Data records START
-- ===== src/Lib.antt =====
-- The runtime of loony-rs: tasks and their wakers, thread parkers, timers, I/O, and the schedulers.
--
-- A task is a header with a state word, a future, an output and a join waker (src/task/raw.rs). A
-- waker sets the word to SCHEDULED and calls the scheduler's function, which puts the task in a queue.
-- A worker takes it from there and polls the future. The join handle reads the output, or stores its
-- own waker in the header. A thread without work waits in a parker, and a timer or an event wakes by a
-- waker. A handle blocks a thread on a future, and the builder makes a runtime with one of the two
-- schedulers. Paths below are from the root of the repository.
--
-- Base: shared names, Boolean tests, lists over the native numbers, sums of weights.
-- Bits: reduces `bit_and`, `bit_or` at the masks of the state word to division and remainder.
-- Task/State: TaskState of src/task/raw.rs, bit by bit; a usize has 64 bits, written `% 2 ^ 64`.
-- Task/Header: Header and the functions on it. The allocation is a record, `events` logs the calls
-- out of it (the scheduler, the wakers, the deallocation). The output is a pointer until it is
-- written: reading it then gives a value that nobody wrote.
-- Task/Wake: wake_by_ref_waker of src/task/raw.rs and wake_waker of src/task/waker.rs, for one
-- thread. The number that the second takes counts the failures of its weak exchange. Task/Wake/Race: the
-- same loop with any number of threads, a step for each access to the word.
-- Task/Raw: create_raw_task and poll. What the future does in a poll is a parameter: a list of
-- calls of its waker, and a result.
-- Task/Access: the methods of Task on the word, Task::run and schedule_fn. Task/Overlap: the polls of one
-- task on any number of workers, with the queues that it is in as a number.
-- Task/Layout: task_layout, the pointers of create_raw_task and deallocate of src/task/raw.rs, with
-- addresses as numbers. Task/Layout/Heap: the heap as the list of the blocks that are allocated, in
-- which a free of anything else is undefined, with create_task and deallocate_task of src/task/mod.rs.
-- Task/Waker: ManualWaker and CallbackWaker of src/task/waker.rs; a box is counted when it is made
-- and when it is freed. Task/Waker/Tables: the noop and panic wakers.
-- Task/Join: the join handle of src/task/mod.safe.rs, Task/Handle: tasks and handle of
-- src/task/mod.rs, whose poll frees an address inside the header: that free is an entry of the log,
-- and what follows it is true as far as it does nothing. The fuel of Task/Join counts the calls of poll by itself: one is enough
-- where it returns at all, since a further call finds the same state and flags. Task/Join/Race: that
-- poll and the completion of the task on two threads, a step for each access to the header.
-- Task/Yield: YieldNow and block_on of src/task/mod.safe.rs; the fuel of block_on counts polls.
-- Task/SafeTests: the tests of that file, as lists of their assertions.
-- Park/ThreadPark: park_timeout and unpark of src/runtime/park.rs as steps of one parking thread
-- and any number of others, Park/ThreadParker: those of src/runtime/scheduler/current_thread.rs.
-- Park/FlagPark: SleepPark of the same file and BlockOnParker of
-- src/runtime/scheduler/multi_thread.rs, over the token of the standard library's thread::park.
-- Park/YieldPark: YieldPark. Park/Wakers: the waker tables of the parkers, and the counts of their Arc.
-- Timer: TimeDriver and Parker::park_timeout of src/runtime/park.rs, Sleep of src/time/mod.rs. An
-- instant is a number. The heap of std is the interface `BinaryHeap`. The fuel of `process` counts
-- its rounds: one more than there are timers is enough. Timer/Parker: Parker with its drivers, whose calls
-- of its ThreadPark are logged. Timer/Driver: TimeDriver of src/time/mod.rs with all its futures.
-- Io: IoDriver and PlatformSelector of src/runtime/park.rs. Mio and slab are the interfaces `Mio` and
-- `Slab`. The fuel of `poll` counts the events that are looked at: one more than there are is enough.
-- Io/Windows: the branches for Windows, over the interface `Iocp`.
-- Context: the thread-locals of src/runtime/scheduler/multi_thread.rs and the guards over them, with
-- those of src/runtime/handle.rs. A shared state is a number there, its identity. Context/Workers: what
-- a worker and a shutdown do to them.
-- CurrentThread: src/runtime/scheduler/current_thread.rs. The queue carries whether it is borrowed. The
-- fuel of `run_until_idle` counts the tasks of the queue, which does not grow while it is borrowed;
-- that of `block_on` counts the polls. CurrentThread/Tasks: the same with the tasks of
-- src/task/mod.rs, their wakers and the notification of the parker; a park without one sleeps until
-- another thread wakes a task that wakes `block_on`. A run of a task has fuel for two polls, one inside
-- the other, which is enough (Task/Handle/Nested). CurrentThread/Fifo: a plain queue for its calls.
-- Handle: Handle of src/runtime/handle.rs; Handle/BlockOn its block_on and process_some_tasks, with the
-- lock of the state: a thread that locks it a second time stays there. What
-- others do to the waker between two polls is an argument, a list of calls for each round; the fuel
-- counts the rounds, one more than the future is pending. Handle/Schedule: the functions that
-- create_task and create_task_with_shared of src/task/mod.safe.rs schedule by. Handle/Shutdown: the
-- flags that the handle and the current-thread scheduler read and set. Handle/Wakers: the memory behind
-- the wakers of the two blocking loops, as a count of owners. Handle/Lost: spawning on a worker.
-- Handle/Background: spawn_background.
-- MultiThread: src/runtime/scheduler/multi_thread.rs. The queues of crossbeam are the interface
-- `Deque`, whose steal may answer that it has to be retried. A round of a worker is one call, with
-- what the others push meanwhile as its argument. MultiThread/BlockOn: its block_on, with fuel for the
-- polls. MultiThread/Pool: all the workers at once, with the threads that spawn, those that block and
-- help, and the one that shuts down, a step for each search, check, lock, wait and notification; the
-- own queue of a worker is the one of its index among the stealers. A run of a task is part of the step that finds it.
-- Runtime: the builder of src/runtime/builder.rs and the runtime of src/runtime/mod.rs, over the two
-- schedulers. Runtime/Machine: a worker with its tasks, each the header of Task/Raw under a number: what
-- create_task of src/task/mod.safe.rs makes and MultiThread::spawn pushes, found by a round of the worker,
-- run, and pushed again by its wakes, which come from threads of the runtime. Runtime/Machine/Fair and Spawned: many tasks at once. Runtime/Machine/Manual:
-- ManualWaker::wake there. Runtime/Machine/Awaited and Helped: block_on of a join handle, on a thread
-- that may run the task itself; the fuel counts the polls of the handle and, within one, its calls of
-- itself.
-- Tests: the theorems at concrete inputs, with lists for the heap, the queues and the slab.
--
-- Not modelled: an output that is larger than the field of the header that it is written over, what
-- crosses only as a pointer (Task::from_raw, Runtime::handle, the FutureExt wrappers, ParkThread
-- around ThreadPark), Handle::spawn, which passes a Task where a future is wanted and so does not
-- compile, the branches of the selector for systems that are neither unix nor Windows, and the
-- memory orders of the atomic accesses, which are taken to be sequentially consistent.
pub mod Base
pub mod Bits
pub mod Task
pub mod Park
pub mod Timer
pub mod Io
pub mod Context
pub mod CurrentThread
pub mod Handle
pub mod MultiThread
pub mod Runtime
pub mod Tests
Data records END
Data records START
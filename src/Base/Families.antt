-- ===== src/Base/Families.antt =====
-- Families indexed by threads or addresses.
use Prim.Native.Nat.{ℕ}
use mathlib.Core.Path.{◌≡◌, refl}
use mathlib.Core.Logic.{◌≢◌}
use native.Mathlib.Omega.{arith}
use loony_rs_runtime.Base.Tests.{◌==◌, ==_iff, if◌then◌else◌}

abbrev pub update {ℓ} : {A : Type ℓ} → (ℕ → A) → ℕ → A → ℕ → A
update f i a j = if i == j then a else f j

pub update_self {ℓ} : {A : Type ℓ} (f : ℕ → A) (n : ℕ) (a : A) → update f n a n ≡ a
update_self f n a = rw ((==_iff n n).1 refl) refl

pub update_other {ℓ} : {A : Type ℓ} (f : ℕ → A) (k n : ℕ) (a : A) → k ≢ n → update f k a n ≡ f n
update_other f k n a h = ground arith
Data records END
Data records START
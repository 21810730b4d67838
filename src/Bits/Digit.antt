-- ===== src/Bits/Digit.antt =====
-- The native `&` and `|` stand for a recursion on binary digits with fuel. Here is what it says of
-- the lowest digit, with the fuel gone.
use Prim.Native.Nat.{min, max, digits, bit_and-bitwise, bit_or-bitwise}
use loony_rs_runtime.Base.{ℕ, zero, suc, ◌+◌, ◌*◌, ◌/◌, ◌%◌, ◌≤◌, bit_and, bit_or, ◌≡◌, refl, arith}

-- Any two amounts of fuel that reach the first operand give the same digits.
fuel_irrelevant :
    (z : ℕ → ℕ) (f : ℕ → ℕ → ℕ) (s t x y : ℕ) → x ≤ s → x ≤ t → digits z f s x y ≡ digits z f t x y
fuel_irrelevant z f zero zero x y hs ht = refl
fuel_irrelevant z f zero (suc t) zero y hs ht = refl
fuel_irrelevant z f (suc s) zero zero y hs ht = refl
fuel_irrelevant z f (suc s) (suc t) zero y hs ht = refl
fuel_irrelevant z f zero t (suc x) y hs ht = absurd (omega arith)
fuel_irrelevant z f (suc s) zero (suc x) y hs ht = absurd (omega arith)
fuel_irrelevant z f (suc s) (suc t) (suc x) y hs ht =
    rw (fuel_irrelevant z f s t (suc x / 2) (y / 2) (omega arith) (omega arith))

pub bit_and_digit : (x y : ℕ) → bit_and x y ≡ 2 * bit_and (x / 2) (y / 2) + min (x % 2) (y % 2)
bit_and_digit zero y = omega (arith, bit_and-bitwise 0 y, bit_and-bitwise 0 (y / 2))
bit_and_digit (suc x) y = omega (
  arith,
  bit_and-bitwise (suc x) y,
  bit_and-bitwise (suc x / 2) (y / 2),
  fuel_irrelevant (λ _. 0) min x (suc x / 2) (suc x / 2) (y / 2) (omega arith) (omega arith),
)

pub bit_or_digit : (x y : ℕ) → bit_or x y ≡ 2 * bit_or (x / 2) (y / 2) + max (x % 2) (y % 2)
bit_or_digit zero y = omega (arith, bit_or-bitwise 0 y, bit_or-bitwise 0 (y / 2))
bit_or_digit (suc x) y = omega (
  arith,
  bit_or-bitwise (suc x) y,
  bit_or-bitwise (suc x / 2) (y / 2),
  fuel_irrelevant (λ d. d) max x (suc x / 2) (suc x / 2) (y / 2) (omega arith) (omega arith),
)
Data records END
**Brief:** Where does the string "timers" appear in the records? Copy every line that holds it.

**Expected output:**
-- The runtime of loony-rs: tasks and their wakers, thread parkers, timers, I/O, and the schedulers.
-- its rounds: one more than there are timers is enough. Timer/Parker: Parker with its drivers, whose calls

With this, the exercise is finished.